SEDCMD-_raw = s/<email>[^<]*<\/email>/<email>****<\/email>/g
SEDCMD-_raw = s/<username>[^<]*<\/username>/<username>****<\/username>/g
EVAL
Eval is an easier way to do a lot of works. But you need to know the eval functions. You can alter an event like below.
EVAL-_raw = replace(_raw, "([a-zA-Z0-9][a-zA-Z0-9\-\+_\.]*@[a-zA-Z0-9\-\.]+\.[a-zA-Z]{2,})", "#email1#")
Note: You can only put one line to change one field. For example, you may need to alter the email address and username XML tags. But you can’t do it as below.
EVAL-_raw = replace(_raw, "<email>[^<]*<\/email>", "<email>****<\/email>")
EVAL-_raw = replace(_raw,"<username>[^<]*<\/username>", "<username>@@@@<\/username>")
You can do this if you are using sed command. But eval allows one line for one field. Here you are going to change the same field “_raw”.

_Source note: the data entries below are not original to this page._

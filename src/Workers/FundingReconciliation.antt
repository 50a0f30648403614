-- ===== src/Workers/FundingReconciliation.antt =====
-- src/workers/funding-reconciliation.ts: fundings that the buyer has abandoned.
pub mod Orphans
pub mod Closed
pub mod Recovery
pub mod Rollback
use waylo_app.Base.{
  ℕ, ◌+◌, Bool, true, false, not, ◌&&◌, ◌||◌, Option, none, some, List, [], ◌∷◌, ◌++◌, is_some,
  take, ◌==◌, if◌then◌else◌,
}
use waylo_app.Base.Table.{Table, find_many, find_first, create, holds}
use waylo_app.Schema.Status.{MissionStatus, EscrowStatus, is_status, is_escrow_status}
use waylo_app.Schema.Rows.{Mission, Escrow}
use waylo_app.App.{
  Db, World, StripeCall, AlertCode, Fault, Result, Action, Done, ◌>>=◌, ◌>>◌, pure, throw, or_throw,
  throw_if, read, modify, catch, transaction, emit, stripe_call, others, update_mission,
  update_escrow,
}

abbrev pub default_batch_limit : ℕ
default_batch_limit = 100

-- The states of a payment intent that the code names, and all others.
pub data IntentStatus : Type 0 where
  requires_payment_method requires_confirmation requires_capture canceled other_status :
      IntentStatus

-- `ABANDONED_PI_STATUSES.has(status)`
abbrev pub is_abandoned : IntentStatus → Bool
is_abandoned requires_payment_method = true
is_abandoned requires_confirmation = true
is_abandoned requires_capture = false
is_abandoned canceled = false
is_abandoned other_status = false

-- What the ages of the rows decide, what Stripe answers, by payment intent and by mission, and what
-- others commit meanwhile.
pub record FundingRun : Type 0 where
  pub is_stale : ℕ → Bool
  pub retrieve : ℕ → Option IntentStatus
  pub cancels : ℕ → Bool
  pub search : ℕ → Option (List (ℕ × IntentStatus))
  pub meanwhile : ℕ → Db → Db

abbrev pub is_funded : Mission → Bool
is_funded m = is_status m.status MissionStatus.funded

-- `{ status: HELD, capturedAmountCents: 0 }`
abbrev pub is_untouched : Escrow → Bool
is_untouched e = is_escrow_status e.status EscrowStatus.held && (e.captured_amount_cents == 0)

abbrev pub to_cancelled : Escrow → Escrow
to_cancelled e = record e { status = EscrowStatus.cancelled }

abbrev pub to_created : Mission → Mission
to_created m = record m { status = MissionStatus.created }

-- the escrows among `ids` whose age and mission fit, with their payment intents
unfoldable pub stale_among : FundingRun → Db → List ℕ → List (ℕ × ℕ)
stale_among run db [] = []
stale_among run db (id ∷ ids) =
    let rest = stale_among run db ids in
    elim (db.escrows.row id) [
      | none ↦ rest
      | some e ↦
          if run.is_stale id && holds is_funded (db.missions.row id)
          then (id, e.stripe_payment_intent_id) ∷ rest
          else rest
    ]

unfoldable pub candidates : FundingRun → ℕ → Db → List (ℕ × ℕ)
unfolding stale_among
candidates run limit db = take limit (stale_among run db (find_many is_untouched db.escrows))

pub data FundingOutcome : Type 0 where
  was_skipped was_rolled_back was_not_cancelled : FundingOutcome

-- the transaction of the rollback: the escrow first, then the mission
unfoldable pub roll_back : ℕ → Action Done
roll_back id = transaction (do
  escrows ← update_escrow id is_untouched to_cancelled
  throw_if (not (escrows == 1)) Fault.concurrent_change
  missions ← update_mission id is_funded to_created
  throw_if (not (missions == 1)) Fault.concurrent_change)

-- the call of Stripe after the rollback, and the alerts
unfoldable pub release_intent : FundingRun → (intent : ℕ) → Action FundingOutcome
release_intent run intent =
    stripe_call (StripeCall.cancel_abandoned intent)
    >> (if run.cancels intent
        then emit AlertCode.stale_funding_rolled_back >> pure was_rolled_back
        else emit AlertCode.funding_recon_cancel_failed
          >> (emit AlertCode.stale_funding_rolled_back >> pure was_not_cancelled))

-- the `catch` around the rollback
abbrev pub skip_concurrent : Fault → Action FundingOutcome
skip_concurrent e = elim e [ Fault.concurrent_change ↦ pure was_skipped | other ↦ throw other ]

abbrev pub is_rolled_back : FundingOutcome → Bool
is_rolled_back was_skipped = false
is_rolled_back was_rolled_back = true
is_rolled_back was_not_cancelled = true

-- one round of the loop; others commit while Stripe answers
unfoldable pub reconcile_funding : FundingRun → (id intent : ℕ) → Action FundingOutcome
unfolding roll_back release_intent
reconcile_funding run id intent = do
  others (run.meanwhile id)
  if holds is_abandoned (run.retrieve intent)
      then (catch (roll_back id >> pure was_rolled_back) skip_concurrent >>= λ outcome.
          if is_rolled_back outcome then release_intent run intent else pure was_skipped)
      else pure was_skipped

pub record FundingCounts : Type 0 where
  pub rolled_back : ℕ
  pub cancel_failed : ℕ
  pub skipped : ℕ

abbrev pub count_funding : FundingOutcome → FundingCounts → FundingCounts
count_funding was_skipped c = record c { skipped = c.skipped + 1 }
count_funding was_rolled_back c = record c { rolled_back = c.rolled_back + 1 }
count_funding was_not_cancelled c = record c {
  rolled_back = c.rolled_back + 1;
  cancel_failed = c.cancel_failed + 1;
}

unfoldable pub reconcile_all : FundingRun → List (ℕ × ℕ) → FundingCounts → Action FundingCounts
unfolding reconcile_funding
reconcile_all run [] c = pure c
reconcile_all run ((id, intent) ∷ rest) c =
    reconcile_funding run id intent >>= λ outcome. reconcile_all run rest (count_funding outcome c)

-- `runFundingReconciliationOnce`
unfoldable pub run_funding_reconciliation_once : FundingRun → (limit : ℕ) → Action FundingCounts
unfolding candidates reconcile_all
run_funding_reconciliation_once run limit = do
  rows ← read (candidates run limit)
  reconcile_all run rows (record { rolled_back = 0; cancel_failed = 0; skipped = 0 })
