-- ===== src/Workers/FundingReconciliation/Rollback.antt =====
-- One round of `runFundingReconciliationOnce` of src/workers/funding-reconciliation.ts.
mod Examples
use waylo_app.Base.{
  ℕ, ◌≡◌, ◌⊎◌, refl, sym, ap, subst, ◌∙◌, inl, inr, arith, Bool, true, false, ◌&&◌, Option, none,
  some, List, [], ◌∷◌, ◌++◌, if◌then◌else◌, Bool-cases, Option-cases,
}
use waylo_app.Base.Table.{put, holds}
use waylo_app.Schema.Rows.{Mission, Escrow}
use waylo_app.App.{World, StripeCall, AlertCode, Fault, Result, ok, err, ◌>>=◌, ◌>>◌, pure, catch}
use waylo_app.Workers.FundingReconciliation.{
  FundingRun, FundingOutcome, was_skipped, was_rolled_back, was_not_cancelled, is_abandoned,
  is_funded, is_untouched, is_rolled_back, to_cancelled, to_created, roll_back, release_intent,
  skip_concurrent, reconcile_funding,
}

-- the escrow is cancelled, and its mission is in CREATED
abbrev pub rolled : ℕ → Escrow → Mission → World → World
rolled id e m w = record w {
  db = record w.db {
    escrows = put id (to_cancelled e) w.db.escrows;
    missions = put id (to_created m) w.db.missions;
  };
}

-- Stripe has been asked to cancel the payment intent, and the alerts are sent
abbrev pub released : FundingRun → ℕ → World → Result FundingOutcome × World
released run intent w = (
  ok (if run.cancels intent then was_rolled_back else was_not_cancelled),
  record w {
    calls = w.calls ++ (StripeCall.cancel_abandoned intent ∷ []);
    alerts =
        (if run.cancels intent
          then w.alerts
          else w.alerts ++ (AlertCode.funding_recon_cancel_failed ∷ []))
        ++ (AlertCode.stale_funding_rolled_back ∷ []);
  },
)

release_intent_lem :
    (run : FundingRun) (intent : ℕ) (w : World)
    → release_intent run intent w ≡ released run intent w
unfolding release_intent
release_intent_lem run intent w = elim (Bool-cases (run.cancels intent)) [
  | inl works ↦ ground (arith, works)
  | inr fails ↦ ground (arith, fails)
]

roll_back_both :
    (id : ℕ) (e : Escrow) (m : Mission) (w : World)
    → w.db.escrows.row id ≡ some e
    → is_untouched e ≡ true
    → w.db.missions.row id ≡ some m
    → is_funded m ≡ true
    → roll_back id w ≡ (ok tt, rolled id e m w)
unfolding roll_back
roll_back_both id e m w there held known funded = ground (arith, there, held, known, funded)

roll_back_none :
    (id : ℕ) (w : World)
    → (holds is_untouched (w.db.escrows.row id) && holds is_funded (w.db.missions.row id)) ≡ false
    → roll_back id w ≡ (err Fault.concurrent_change, w)
unfolding roll_back
roll_back_none id w h = elim (Option-cases (w.db.escrows.row id)) [
  | inl gone ↦ ground (arith, gone)
  | inr (e, there) ↦ elim (Bool-cases (is_untouched e)) [
    | inr touched ↦ ground (arith, there, touched)
    | inl held ↦ elim (Option-cases (w.db.missions.row id)) [
      | inl unknown ↦ ground (arith, there, held, unknown)
      | inr (m, known) ↦
          let moved : is_funded m ≡ false = ground (arith, h, there, held, known) in
          ground (arith, there, held, known, moved)
    ]
  ]
]

-- What a round can end with; `u` is the world when Stripe has told the state of the payment intent.
pub data Outcome (run : FundingRun) (id intent : ℕ) (u : World) (r : Result FundingOutcome × World)
    : Type 0 where
  -- Stripe fails, or the buyer has paid or is about to
  kept :
      holds is_abandoned (run.retrieve intent) ≡ false
      → r ≡ (ok was_skipped, u)
      → Outcome run id intent u r
  -- the escrow or the mission has moved on
  overtaken :
      holds is_abandoned (run.retrieve intent) ≡ true
      → (holds is_untouched (u.db.escrows.row id) && holds is_funded (u.db.missions.row id)) ≡ false
      → r ≡ (ok was_skipped, u)
      → Outcome run id intent u r
  -- both are as they were
  undone :
      (e : Escrow) (m : Mission)
      → holds is_abandoned (run.retrieve intent) ≡ true
      → u.db.escrows.row id ≡ some e
      → is_untouched e ≡ true
      → u.db.missions.row id ≡ some m
      → is_funded m ≡ true
      → r ≡ released run intent (rolled id e m u)
      → Outcome run id intent u r

both_rows :
    (id : ℕ) (w : World)
    → (holds is_untouched (w.db.escrows.row id) && holds is_funded (w.db.missions.row id)) ≡ true
    → (e : Escrow) × (m : Mission) × (w.db.escrows.row id ≡ some e)
      × (is_untouched e ≡ true)
      × (w.db.missions.row id ≡ some m)
      × (is_funded m ≡ true)
both_rows id w h = elim (Option-cases (w.db.escrows.row id)) [
  | inl gone ↦ ground (arith, gone, h)
  | inr (e, there) ↦ elim (Option-cases (w.db.missions.row id)) [
    | inl unknown ↦ ground (arith, there, unknown, h)
    | inr (m, known) ↦
        (e, m, there, ground (arith, there, known, h), known, ground (arith, there, known, h))
  ]
]

module _ (run : FundingRun) (id intent : ℕ) (u : World) where
  abbrev after_catch : FundingOutcome → World → Result FundingOutcome × World
  after_catch outcome =
      if is_rolled_back outcome then release_intent run intent else pure was_skipped

  -- what follows when the rollback has ended in `x`
  abbrev after_rollback : Result (Unit {0}) × World → Result FundingOutcome × World
  after_rollback x =
      (catch ((λ (v : World). x) >> pure was_rolled_back) skip_concurrent >>= after_catch) u

  abbrev decided : Bool → Result FundingOutcome × World
  decided b =
      (if b
          then catch (roll_back id >> pure was_rolled_back) skip_concurrent >>= after_catch
          else pure was_skipped)
        u

  decided_outcome : Outcome run id intent u (decided (holds is_abandoned (run.retrieve intent)))
  decided_outcome = elim (Bool-cases (holds is_abandoned (run.retrieve intent))) [
    | inr paid ↦ Outcome.kept paid (ap decided paid)
    | inl abandoned ↦
        elim (Bool-cases
          (holds is_untouched (u.db.escrows.row id) && holds is_funded (u.db.missions.row id))) [
            | inr late ↦
                Outcome.overtaken abandoned late
                  (ap decided abandoned ∙ ap after_rollback (roll_back_none id u late))
            | inl both ↦
                let (e, m, there, held, known, funded) = both_rows id u both in
                Outcome.undone e m abandoned there held known funded (
                  ap decided abandoned
                  ∙ ap after_rollback (roll_back_both id e m u there held known funded)
                  ∙ release_intent_lem run intent (rolled id e m u))
          ]
  ]

-- A round of the reconciliation of abandoned fundings ends in one of three ways, whatever others commit
-- while Stripe answers. Where Stripe fails, or the payment intent is in any state but the two of a
-- payment that was never made, nothing is touched. Where the escrow is not held or has a capture by
-- then, or the mission is not funded any more, nothing is touched either, neither of the two. Else
-- both change together: the escrow is cancelled and the mission goes back to CREATED; then Stripe is
-- asked to cancel the payment intent, and an alert is sent, with one before it where Stripe fails.
pub reconcile_funding_outcome :
    (run : FundingRun) (id intent : ℕ) (w : World)
    → Outcome run id intent
        (record w { db = run.meanwhile id w.db })
        (reconcile_funding run id intent w)
unfolding reconcile_funding
reconcile_funding_outcome run id intent w =
    decided_outcome run id intent (record w { db = run.meanwhile id w.db })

So you’ll need to put your all conditions and replacements into a single line. I suggest you create a simple script to do the job in python or any language. You can do the above task as follows.
EVAL-_raw = replace(replace(_raw,"<username>[^<]*<\/username>", "<username>@@@@<\/username>"), "<email>[^<]*<\/email>", "<email>****<\/email>")
Also, you can use some conditions with eval.
EVAL-_raw = if(searchmatch("USER_DATA"),replace(_raw, "([a-zA-Z0-9][a-zA-Z0-9\-\+_\.]*@[a-zA-Z0-9\-\.]+\.[a-zA-Z]{2,})", "#email1#"), _raw)
Here email only replaces only if the event contains “USER_DATA”. This can replace all the emails in the event.
Apply the changes
If you used the SEDCMD, you’ll have to restart Splunk. You can do it as below.
- In web
- Goto Splunk web
- Go to Settings > Server Controls
- Select “Restart Splunk”
2. In terminal
$SPLUNK_HOME/bin/splunk restart
$SPLUNK_HOME usually located at “/opt/splunk”.
If you used EVAL command, you don’t need to restart. Restart also does the job. But it is unnecessary.
You can refresh Splunk by using the below URL.
http://<splunkserver>:8000/en-US/debug/refresh
But you’ll need an admin account.
Also, I should mention my gratitude to Uthpala Pahalavithana for the guidance and support and for introducing me to the Medium.